Je n'arrive pas à prendre rendez-vous au genius bar sur Paris, autant à Opéra qu'au Carroussel, puis-je m'y présenter sans rendez-vous?

Sur le site, lorsque je veux prendre rendez-vous pour un Macbook Pro, il est écrit
"Aucun rendez-vous n'est disponible dans ce magasin.
Choisissez un autre magasin dans la liste ci-dessus pour vérifier les disponibilités."
Et ce pour les deux magasins.

Que faire?

Cordialement,

P.


----------



## chris2935 (2 Décembre 2012)

Salut,
il y a un nouvel apple store à Val d'Europe (centre commercial) à Serris (77) près de disney. Pas si loin de Paris en voiture. Là-bas les rendez-vous sont possibles, j'ai testé la semaine dernière.


----------



## Paroxysme (2 Décembre 2012)

Ca fait un peu loin pour moi qui suis sur Paris et qui ne dispose pas de voiture.
Pensez vous qu'il est possible d'aller au Carroussel sans rendez vous? Et quelle serait le jour/heure à privilégier?

P.


----------



## chris2935 (2 Décembre 2012)

Désolé mais je n'en ai aucune idée pour celui du Louvre... J'y ai acheté mon MBP, mais plus facile d'acheter là-bas que d'avoir un RDV visiblement 
Il y a le RER A qui va jusqu'à Val d'Europe sinon...


----------



## Anonyme (2 Décembre 2012)

Ou attend un peu: les rendez vous se libèrent vite, il faut regarder tous les jours


----------



## edd72 (2 Décembre 2012)

Paroxysme a dit:


> Je n'arrive pas à prendre rendez-vous au genius bar sur Paris, autant à Opéra qu'au Carroussel, puis-je m'y présenter sans rendez-vous?

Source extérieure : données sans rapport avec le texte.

-- ===== src/Controller.antt =====
-- src/internal/controller: what the cluster's events set off.
pub mod RouteTable
pub mod Status
pub mod Notify
pub mod Services
pub mod Discovery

Si ça t'amuse mais dans ce cas, sur place, ils vont juste te caler un rendez-vous pour une prochaine fois (selon le même agenda que celui dispo sur le site).


----------



## Paroxysme (4 Décembre 2012)

Bah sur le site c'est marqué qu'aucun créneau n'est disponible donc bon..


----------



## maxime.renard (6 Décembre 2012)

Ils sont overbookés, le support téléphonique Applecare me l'a confirmé avant-hier... C'est même pas la peine d'essayer jusqu'à a fin des fêtes. Essaie dans un centre agréé ! 

Bon courage


----------